── STUDY MATERIAL

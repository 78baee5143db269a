-- ===== src/Tests/Locks.antt =====
-- Locks, the interrupt counter and the atomic operations on concrete values.
use gquuuuuunix.Base.{
  ℕ, ◌+◌, ◌-◌, ◌%◌, ◌^◌, ◌≡◌, ◌≢◌, ◌↔◌, ◌⊎◌, inl, refl, true, false, none, some, List, [], ◌∷◌,
  ◌++◌, update, arith,
}
use gquuuuuunix.Outcome.{ok, ◌>>=◌}
use gquuuuuunix.Cpu.Nesting.{
  IsNested, outer_ena, Nest, done, region, depth, run_nest, settle, run_nest-restores,
}
use gquuuuuunix.Atomic.{Rmw, kept, fetch_sub_i32}
use gquuuuuunix.Atomic.Laws.{fetch_sub_i32-adds}
use gquuuuuunix.SpinLock.{SpinLock, is_holding_lk, acquire, release}
use gquuuuuunix.SpinLock.Sequential.{first_free, release-acquire}
use gquuuuuunix.SpinLock.Protocol.{
  System, init, check_word, trying, taken, stopped, enter, word_free, test_set_wins, pick, Reach,
  start, later, owns,
}
use gquuuuuunix.SpinLock.Protocol.Safety.{mutual_exclusion}
use gquuuuuunix.Tests.Data.{core_of, open_lock}

core_of-IsNested : IsNested 4 (core_of 1)
core_of-IsNested = record { fits = omega arith; bounded = omega arith; masked = inl refl }

core_of-IsNested_two : IsNested 2 (core_of 1)
core_of-IsNested_two = record { fits = omega arith; bounded = omega arith; masked = inl refl }

open-is_holding : is_holding_lk open_lock (core_of 1) ≡ false
unfolding is_holding_lk
open-is_holding = refl

-- Another hart has taken the lock, and gives it back before the second try.
abbrev others : List (SpinLock → SpinLock)
others =
    (λ lk. record lk { is_locked = 1; cpu = some 0 })
    ∷ (λ lk. record lk { is_locked = 0; cpu = none })
    ∷ []

others-first_free : first_free others open_lock ≡ some (record open_lock { is_locked = 1 })
unfolding first_free
others-first_free = refl

release-acquire_example :
    (acquire others open_lock (core_of 1) >>= λ (got, c'). release ([] ++ kept ∷ []) got c')
    ≡ ok (record { is_locked = 0; cpu = none; ops = true }, outer_ena (core_of 1))
release-acquire_example =
    release-acquire others [] [] open_lock (record open_lock { is_locked = 1 }) 0 (core_of 1)
      core_of-IsNested_two refl open-is_holding others-first_free refl

abbrev nest : Nest
nest = region (region done done) (region done done)

nest-IsNested : IsNested (depth nest) (core_of 1)
unfolding depth
nest-IsNested = record { fits = omega arith; bounded = omega arith; masked = inl refl }

run_nest-restores_example : run_nest nest (core_of 1) ≡ ok (settle nest (core_of 1))
run_nest-restores_example = run_nest-restores nest (core_of 1) nest-IsNested

-- Hart 0 has won the lock while hart 1 is about to try.
abbrev won : System
won = record {
  mem = record { is_locked = 1; cpu = none };
  pc =
      update (update (update (update (update init.pc 0 check_word) 1 check_word) 0 trying) 1 trying)
        0 taken;
}

won_reached : Reach won
won_reached =
    later
      (later (later (later (later start (pick 0 enter)) (pick 1 enter)) (pick 0 (word_free refl)))
        (pick 1 (word_free refl)))
      (pick 0 (test_set_wins refl))

mutual_exclusion_example :
    ((h k : ℕ) → owns (won.pc h) ≡ true → owns (won.pc k) ≡ true → h ≡ k)
    × (won.mem.is_locked ≢ 0 ↔ ((h : ℕ) × (owns (won.pc h) ≡ true)))
    × ((h : ℕ) → won.pc h ≢ stopped)
mutual_exclusion_example = mutual_exclusion won_reached

fetch_sub_i32-adds_example :
    (r : Rmw) × (fetch_sub_i32 7 3 (core_of 1) ≡ ok r)
    × (r.old ≡ 7)
    × (r.word ≡ (7 + 3) % 2 ^ 32)
    × (r.word ≡ (7 + 2 ^ 32 - 3) % 2 ^ 32 ↔ (◌≡◌ {A = ℕ} 3 0 ⊎ ◌≡◌ {A = ℕ} 3 (2 ^ 31)))
fetch_sub_i32-adds_example =
    fetch_sub_i32-adds 7 3 3 (core_of 1) (omega arith) (omega arith) core_of-IsNested
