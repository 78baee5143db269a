-- ===== src/Tests/Sched.antt =====
-- The scheduler's theorems on two harts and their tasks.
use gquuuuuunix.Base.{Bool, ℕ, ◌≡◌, ◌≢◌, refl, false, some, inl, ◌⊎◌, ◌<◌, ◌↔◌, sym, subst, arith}
use gquuuuuunix.Riscv.{intr_on, intr_get}
use gquuuuuunix.Cpu.{Core, get_cpuid, push_off}
use gquuuuuunix.Cpu.Nesting.{IsNested}
use gquuuuuunix.SpinLock.{is_holding_lk}
use gquuuuuunix.SpinLock.Sequential.{first_free, owned}
use gquuuuuunix.Task.{task_max_nrs, running}
use gquuuuuunix.Sched.{round_start}
use gquuuuuunix.Sched.Cycle.{scan_out-runnable}
use gquuuuuunix.Sched.System.{
  World, scanning, entering, now, at_once, Step, round, dispatch, back, moved, stayed,
}
use gquuuuuunix.Sched.System.Moved.{runs, holds}
use gquuuuuunix.Sched.System.Safety.{
  Proceeds, IsBooted, Reach, here, later, one_hart_per_task, never_stops, no_deadlock,
}
use gquuuuuunix.Tests.Data.{context_at, hart_of, open_lock, ready_task}

-- `ran` says whether the tasks have run before.
abbrev pub booted : Bool → World
booted ran = record {
  tasks = λ _. ready_task;
  harts = hart_of;
  pc = λ _. scanning task_max_nrs;
  ena = λ _. false;
  started = λ _. ran;
}

pub booted-IsBooted : (ran : Bool) → IsBooted 2 (booted ran)
unfolding get_cpuid
booted-IsBooted ran = record {
  at_scheduler = λ h. refl;
  id = λ h lt. omega (arith, lt);
  fits = λ h lt. omega arith;
  unmasked = λ h lt. refl;
  idle = λ h lt. refl;
  unlocked = λ i. refl;
  at_rest = λ i e. cc;
}

hart_of-IsNested : IsNested 2 (hart_of 0).core
hart_of-IsNested = record { fits = omega arith; bounded = omega arith; masked = inl refl }

open-first_free : first_free now open_lock ≡ some (record open_lock { is_locked = 1 })
unfolding first_free
open-first_free = refl

open-is_holding : (c : Core) → is_holding_lk open_lock c ≡ false
unfolding is_holding_lk
open-is_holding c = refl

round_start-hart : (h : ℕ) → round_start (hart_of h) ≡ hart_of h
unfolding round_start intr_on
round_start-hart h = refl

-- Both harts begin a round.
abbrev pub started_one : Bool → World
started_one ran = stayed (booted ran) 0 (round_start (hart_of 0)) (scanning 0)

abbrev pub started_two : Bool → World
started_two ran = stayed (started_one ran) 1 (round_start (hart_of 1)) (scanning 0)

two_rounds : (ran : Bool) → Reach 2 (booted ran) (started_two ran)
two_rounds ran = later (later here (round 0 (omega arith) refl)) (round 1 (omega arith) refl)

-- Hart 0 switches to task 0, and hart 1 is left to wait for its lock.
abbrev pub first_dispatched : Bool → World
first_dispatched ran =
    let c = push_off (round_start (hart_of 0)).core in
    moved (started_two ran) 0 0
      (record ready_task {
        state = running;
        lk = owned (get_cpuid (round_start (hart_of 0)).core) (record open_lock { is_locked = 1 });
      })
      (record {
        core = record c { cpu = record c.cpu { task = some 0; context = context_at 200 } };
        regs = context_at 300;
      })
      (entering 0)

round_start-IsNested : IsNested 2 (round_start (hart_of 0)).core
round_start-IsNested = subst (λ z. IsNested 2 z.core) (sym (round_start-hart 0)) hart_of-IsNested

switch : (ran : Bool) → Step 2 (started_two ran) (first_dispatched ran)
unfolding round_start
switch ran = dispatch 0 0 (omega arith) (omega arith) refl (
    scan_out-runnable now ready_task (round_start (hart_of 0)) 0 round_start-IsNested refl
      (open-is_holding (round_start (hart_of 0)).core) open-first_free at_once 0 refl)

pub dispatched_reached : (ran : Bool) → Reach 2 (booted ran) (first_dispatched ran)
dispatched_reached ran = later (two_rounds ran) (switch ran)

one_hart_per_task_example :
    ((h k : ℕ)
      → runs ((first_dispatched false).pc h) ≡ some 0
      → runs ((first_dispatched false).pc k) ≡ some 0
      → h ≡ k)
    × (((first_dispatched false).tasks 0).state ≡ running
        ↔ ((h : ℕ) × (runs ((first_dispatched false).pc h) ≡ some 0)))
    × (((first_dispatched false).tasks 0).lk.is_locked ≢ 0
        ↔ ((h : ℕ) × (holds ((first_dispatched false).pc h) ≡ some 0)))
    × ((h : ℕ)
        → holds ((first_dispatched false).pc h) ≡ some 0
        → (((first_dispatched false).tasks 0).lk.cpu ≡ some h)
          × (h < 2 → intr_get ((first_dispatched false).harts h).core.csrs ≡ false))
one_hart_per_task_example = one_hart_per_task (booted-IsBooted false) (dispatched_reached false) 0

never_stops_example : Proceeds (first_dispatched false) 0 ((first_dispatched false).pc 0)
never_stops_example = never_stops (booted-IsBooted false) (dispatched_reached false) 0 (omega arith)

no_deadlock_example :
    (k : ℕ) × (k < 2)
    × (k ≢ 1)
    × (((first_dispatched false).pc k ≡ entering 0) ⊎ ((first_dispatched false).pc k ≡ back 0))
    × Proceeds (first_dispatched false) k ((first_dispatched false).pc k)
no_deadlock_example =
    no_deadlock (booted-IsBooted false) (dispatched_reached false) 1 0 (inl refl) (omega arith)
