-- ===== src/Tests/Preempt.antt =====
-- A task of hart 0 that the timer interrupts and that hart 0 takes up again.
use gquuuuuunix.Base.{
  Bool, Bool-cases, inl, inr, sym, ap, ◌∙◌, ◌==◌, ℕ, ◌<◌, ◌≡◌, ◌≢◌, refl, true, none, some, update,
  if◌then◌else◌, arith,
}
use gquuuuuunix.Outcome.{Outcome, ok}
use gquuuuuunix.Riscv.{r_sstatus, intr_get}
use gquuuuuunix.Cpu.{push_off, get_cpuid}
use gquuuuuunix.Task.{Task}
use gquuuuuunix.Sched.{Hart, yield_in, yield_out}
use gquuuuuunix.Sched.System.{
  World, user, entering, scanning, now, at_once, moved, stayed, resume, finish, dispatch,
}
use gquuuuuunix.Sched.System.Take as Take
use gquuuuuunix.Sched.System.Give as Give
use gquuuuuunix.Sched.System.Safety.{Reach, here, later, Reach-Inv, never_stops, one_hart_per_task}
use gquuuuuunix.Sched.System.Moved.{holds, Inv}
use gquuuuuunix.Trap.{Clock, tick, gave_up, trap_enter, trap_exit}
use gquuuuuunix.Trap.Steps.{IsTrap, timer_cause, trapped, given_up, interrupts, yields, user_return}
use gquuuuuunix.Asm.{sp, tp, Machine, exec}
use gquuuuuunix.Asm.Kernelvec.{kernelvec}
use gquuuuuunix.Asm.Trap.{take_trap, view}
use gquuuuuunix.Asm.Preempt.{called_in, frame_of, take_trap-IsTrap, Reach-Reach, preempted_goes_on}
use gquuuuuunix.Tests.Sched.{booted, booted-IsBooted, first_dispatched, dispatched_reached}

-- The task has run before; hart 0 is about to take it up.
abbrev taken_up : World
taken_up = first_dispatched true

turn :
    (o : Task × Hart) × (yield_in at_once (taken_up.ena 0) (taken_up.tasks 0) (taken_up.harts 0)
      ≡ ok o)
turn =
    (never_stops (booted-IsBooted true) (dispatched_reached true) 0 (omega arith)).1
      (taken_up.ena 0)

-- Hart 0 is in the task's code.
abbrev in_task : World
in_task = record (moved taken_up 0 0 turn.0.0 turn.0.1 (user 0)) { started = taken_up.started }

in_task_reached : Reach 2 (booted true) in_task
in_task_reached = later (dispatched_reached true) (resume 0 0 (omega arith) refl refl turn.1)

some-none : {k : ℕ} → some k ≢ none
some-none e = cc

in_task-holds : (h : ℕ) → holds (in_task.pc h) ≡ none
in_task-holds h = ground arith

unlocked : (in_task.tasks 0).lk.is_locked ≡ 0
unlocked = elim (Bool-cases ((in_task.tasks 0).lk.is_locked == 0)) [
  | inl e ↦ ground (arith, e)
  | inr ne ↦
      let held = (one_hart_per_task (booted-IsBooted true) in_task_reached 0).2.0 in
      let (h, own) = held (ground (arith, ne)) in absurd (some-none (sym own ∙ in_task-holds h))
]

-- The task at 500, with interrupts enabled.
abbrev interrupted : Machine
interrupted = record {
  regs = λ q. if q == sp then 8192 else if q == tp then (in_task.harts 0).core.csrs.tp else q;
  csrs = record (in_task.harts 0).core.csrs { sstatus = 2 };
  mem = λ a. 0;
  pc = 500;
}

abbrev at_handler : Machine
at_handler = called_in 77 interrupted

trap : IsTrap (in_task.harts 0).core.csrs (view at_handler)
trap = take_trap-IsTrap 77 interrupted (in_task.harts 0).core.csrs refl (omega arith)

-- The trap has come in.
abbrev in_trap : World
in_trap = stayed in_task 0 (trapped (view at_handler) (in_task.harts 0)) (user 0)

in_trap-Inv : Inv 2 in_trap.tasks in_trap.harts in_trap.pc
in_trap-Inv = Reach-Inv (booted-IsBooted true) (
    later in_task_reached (
      interrupts (booted-IsBooted true) in_task_reached 0 (omega arith) (view at_handler) 0 trap
        refl))

zero_runs : 0 < 2
zero_runs = omega arith

one_runs : 1 < 2
one_runs = omega arith

abbrev waiting_task : Task
waiting_task = Take.yielded_task in_trap-Inv 0 0 zero_runs refl

abbrev left_hart : Hart
left_hart = Take.yielded_hart in_trap-Inv 0 0 zero_runs refl

abbrev ena : Bool
ena = (push_off (trapped (view at_handler) (in_task.harts 0)).core).cpu.intr_ena_before

yielded :
    yield_out now (in_task.tasks 0) (trapped (view at_handler) (in_task.harts 0))
    ≡ ok (ena, waiting_task, left_hart)
yielded = Take.yield_out-now in_trap-Inv 0 0 zero_runs refl ∙ ground (arith, unlocked)

-- Hart 0 is back in the scheduler, gives the task's lock back, and hart 1 takes the task up.
abbrev gave : World
gave = given_up in_task 0 0 ena waiting_task left_hart

gave_reached : Reach 2 (booted true) gave
gave_reached = Reach-Reach in_task_reached (
    yields (booted-IsBooted true) in_task_reached 0 zero_runs (view at_handler) 0 trap refl yielded)

gave-Inv : Inv 2 gave.tasks gave.harts gave.pc
gave-Inv = Reach-Inv (booted-IsBooted true) gave_reached

abbrev finished : World
finished =
    moved gave 0 0 (Give.unlocked gave-Inv 0 0 zero_runs refl)
      (Give.returned_hart gave-Inv 0 0 zero_runs refl) (scanning 1)

goes_on : Reach 2 gave finished
goes_on = later here (finish 0 0 zero_runs refl (Give.scan_in-ok gave-Inv 0 0 zero_runs refl))

finished-Inv : Inv 2 finished.tasks finished.harts finished.pc
finished-Inv = Reach-Inv (booted-IsBooted true) (Reach-Reach gave_reached goes_on)

abbrev taken_again : World
taken_again =
    moved finished 1 0 (Take.dispatched_task finished-Inv 1 0 one_runs refl)
      (Take.dispatched_hart finished-Inv 1 0 one_runs refl) (entering 0)

taken_again_reached : Reach 2 gave taken_again
taken_again_reached =
    later goes_on
      (dispatch 1 0 one_runs (omega arith) refl (Take.scan_out-now finished-Inv 1 0 one_runs refl))

back_in_task :
    (t : Task) × (x : Hart) × (trap_exit at_once
        (frame_of 77 interrupted)
        (taken_again.ena 0)
        (taken_again.tasks 0)
        (taken_again.harts 1)
      ≡ ok (t, x))
back_in_task =
    let (t, x, run, _, _, _, _) =
      user_return (booted-IsBooted true) (Reach-Reach gave_reached taken_again_reached) 1 one_runs
        (frame_of 77 interrupted) 0 trap.fits refl refl in
    (t, x, run)

-- Code that leaves the control registers of `trap_exit`.
abbrev compiled : Machine → Machine
compiled m = let c = back_in_task.1.core.csrs in record m { regs = update m.regs tp c.tp; csrs = c }

abbrev clock : Clock
clock = record { gticks = 0; time = record { data_bits = 0; mantissa_bit = 32 } }

ok_injective : {A : Type 0} {x y : A} → ok x ≡ ok y → x ≡ y
ok_injective e = cc

same_csrs :
    (o p : Task × Hart)
    → ◌≡◌ {A = Outcome (Task × Hart)} (ok o) (ok p)
    → o.1.core.csrs ≡ p.1.core.csrs
same_csrs o p e = ap (λ z. z.1.core.csrs) (ok_injective e)

preempted_goes_on_example :
    (trap_enter now (some (in_task.tasks 0)) clock (trapped (view at_handler) (in_task.harts 0))
      ≡ ok (
        tick (view at_handler) clock,
        gave_up (frame_of 77 interrupted) ena waiting_task left_hart,
      ))
    × Reach 2 in_task gave
    × (t' : Task) × (x' : Hart) × (trap_exit at_once
          (frame_of 77 interrupted)
          (taken_again.ena 0)
          (taken_again.tasks 0)
          (taken_again.harts 1)
        ≡ ok (t', x'))
    × Reach 2 taken_again (moved taken_again 1 0 t' x' (user 0))
    × (get_cpuid x'.core ≡ 1)
    × (m' : Machine) × (exec
          (kernelvec 77 (λ m. ok (compiled m)))
          (take_trap timer_cause interrupted)
        ≡ ok m')
    × (m'.pc ≡ 500)
    × ((q : ℕ) → 0 < q → q < 32 → q ≢ tp → m'.regs q ≡ interrupted.regs q)
    × (m'.regs tp ≡ x'.core.csrs.tp)
    × (intr_get m'.csrs ≡ true)
unfolding intr_get r_sstatus
preempted_goes_on_example =
    preempted_goes_on (booted-IsBooted true) in_task_reached 0 1 0 zero_runs one_runs 77
      (λ m. ok (compiled m)) interrupted (compiled at_handler) clock ena waiting_task left_hart refl
      (omega arith) refl yielded taken_again_reached refl refl refl (omega arith) (omega arith) refl
      refl (λ j lt. refl)
      (λ t' x' e. same_csrs (back_in_task.0, back_in_task.1) (t', x') (sym back_in_task.2 ∙ e))
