-- ===== src/Tests/Protocol.antt =====
-- Two harts and one lock, access by access, and the code that makes these accesses.
use gquuuuuunix.Base.{
  ◌∙◌, ℕ, ◌≡◌, ◌≢◌, ◌↔◌, Bool, refl, Option, none, some, true, List, [], ◌∷◌, ◌++◌, inl, arith,
}
use gquuuuuunix.Outcome.{ok, ◌>>=◌}
use gquuuuuunix.Cpu.{get_cpuid, push_off, pop_off}
use gquuuuuunix.Cpu.Nesting.{IsNested, push_off-IsNested, push_off-nonzero}
use gquuuuuunix.Atomic.{kept, lost}
use gquuuuuunix.SpinLock.{SpinLock, acquire, release}
use gquuuuuunix.SpinLock.Sequential.{get_cpuid-push_off}
use gquuuuuunix.SpinLock.Protocol.{
  Shared, System, init, outside, check_word, trying, taken, critical, leave_word, leave_cpu,
  leaving, freeing, enter, word_free, test_set_wins, write_cpu, exit, leave_set, leave_self,
  clear_cpu, free_word, stopped, Reach, start, owns,
}
use gquuuuuunix.SpinLock.Protocol.Abstract.{accepts, history, lock_refines}
use gquuuuuunix.SpinLock.Protocol.Code.{
  view, set_to, go, Others, still, other, Waits, wins, fails, acquire_runs, release_runs,
}
use gquuuuuunix.SpinLock.Ordering as Ordering
use gquuuuuunix.SpinLock.Ordering.Needed.{fence_needed}
use gquuuuuunix.Tests.Data.{core_of}

abbrev free_words : Shared
free_words = record { is_locked = 0; cpu = none }

abbrev taken_words : Shared
taken_words = record { is_locked = 1; cpu = none }

abbrev owned_words : Shared
owned_words = record { is_locked = 1; cpu = some 1 }

-- Hart 0 is about to try; hart 1 takes the lock first.
abbrev zero_tries : System
zero_tries = go init 0 free_words trying

abbrev one_has_won : System
one_has_won =
    go (go (go zero_tries 1 free_words check_word) 1 free_words trying) 1 taken_words taken

one_takes : Others 0 zero_tries one_has_won
one_takes =
    other (other (other still (omega arith) enter) (omega arith) (word_free refl)) (omega arith)
      (test_set_wins refl)

-- Hart 0's first try has failed, and hart 1 gives the lock back.
abbrev zero_failed : System
zero_failed = go one_has_won 0 taken_words trying

abbrev one_is_in : System
one_is_in = go zero_failed 1 owned_words critical

abbrev one_is_out : System
one_is_out =
    go
      (go
        (go (go (go one_is_in 1 owned_words leave_word) 1 owned_words leave_cpu) 1 owned_words
          leaving)
        1 taken_words freeing)
      1 free_words outside

one_gives_back : Others 0 zero_failed one_is_out
one_gives_back =
    other
      (other
        (other
          (other (other (other still (omega arith) write_cpu) (omega arith) exit) (omega arith)
            (leave_set (omega arith)))
          (omega arith) (leave_self refl))
        (omega arith) clear_cpu)
      (omega arith) free_word

abbrev zero_has_won : System
zero_has_won = go one_is_out 0 taken_words taken

abbrev world : List (SpinLock → SpinLock)
world = set_to taken_words ∷ set_to free_words ∷ []

zero-Waits : Waits 0 zero_tries world zero_has_won
zero-Waits = fails one_takes (omega arith) (wins [] one_gives_back refl)

core_of-IsNested : IsNested 2 (core_of 0)
core_of-IsNested = record { fits = omega arith; bounded = omega arith; masked = inl refl }

core_of-get_cpuid : get_cpuid (core_of 0) ≡ 0
unfolding get_cpuid
core_of-get_cpuid = refl

abbrev zero_is_in : System
zero_is_in = go zero_has_won 0 (record { is_locked = 1; cpu = some 0 }) critical

acquire_runs_example :
    Reach zero_is_in
    × (acquire world (view free_words) (core_of 0)
        ≡ ok (view (record { is_locked = 1; cpu = some 0 }), push_off (core_of 0)))
acquire_runs_example =
    acquire_runs 0 0 (core_of 0) start refl core_of-get_cpuid core_of-IsNested zero-Waits

zero_reached : Reach zero_is_in
zero_reached =
    (acquire_runs 0 0 (core_of 0) start refl core_of-get_cpuid core_of-IsNested zero-Waits).0

-- The first store-conditional fails.
release_runs_example :
    Reach (go zero_is_in 0 free_words outside)
    × (release
          ((lost 1 ∷ []) ++ kept ∷ [])
          (view (record { is_locked = 1; cpu = some 0 }))
          (push_off (core_of 0))
        ≡ (pop_off (push_off (core_of 0)) >>= λ c'. ok (view free_words, c')))
release_runs_example =
    release_runs 0 0 (push_off (core_of 0)) (lost 1 ∷ []) [] zero_reached refl
      (get_cpuid-push_off (core_of 0) ∙ core_of-get_cpuid)
      (push_off-IsNested 1 (core_of 0) core_of-IsNested)
      (push_off-nonzero 1 (core_of 0) core_of-IsNested)

lock_refines_example :
    (holder : Option ℕ) × (accepts (history zero_reached) ≡ some holder)
    × ((h : ℕ) → (holder ≡ some h) ↔ (owns (zero_is_in.pc h) ≡ true))
lock_refines_example = lock_refines zero_reached

fence_needed_example :
    ((s : Ordering.System) → Ordering.Reach true s → (h : ℕ) → s.pc h ≢ stopped)
    ↔ ◌≡◌ {A = Bool} true true
fence_needed_example = fence_needed true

────

◆ TASK GOAL
From the line containing "zero_reached : Reach zero_is_in" to the last line of the records above, please write out every line exactly and add nothing.

◆ EXERCISE RESPONSE
zero_reached : Reach zero_is_in
zero_reached =
    (acquire_runs 0 0 (core_of 0) start refl core_of-get_cpuid core_of-IsNested zero-Waits).0

-- The first store-conditional fails.
release_runs_example :
    Reach (go zero_is_in 0 free_words outside)
    × (release
          ((lost 1 ∷ []) ++ kept ∷ [])
          (view (record { is_locked = 1; cpu = some 0 }))
          (push_off (core_of 0))
        ≡ (pop_off (push_off (core_of 0)) >>= λ c'. ok (view free_words, c')))
release_runs_example =
    release_runs 0 0 (push_off (core_of 0)) (lost 1 ∷ []) [] zero_reached refl
      (get_cpuid-push_off (core_of 0) ∙ core_of-get_cpuid)
      (push_off-IsNested 1 (core_of 0) core_of-IsNested)
      (push_off-nonzero 1 (core_of 0) core_of-IsNested)

lock_refines_example :
    (holder : Option ℕ) × (accepts (history zero_reached) ≡ some holder)
    × ((h : ℕ) → (holder ≡ some h) ↔ (owns (zero_is_in.pc h) ≡ true))
lock_refines_example = lock_refines zero_reached

fence_needed_example :
    ((s : Ordering.System) → Ordering.Reach true s → (h : ℕ) → s.pc h ≢ stopped)
    ↔ ◌≡◌ {A = Bool} true true
fence_needed_example = fence_needed true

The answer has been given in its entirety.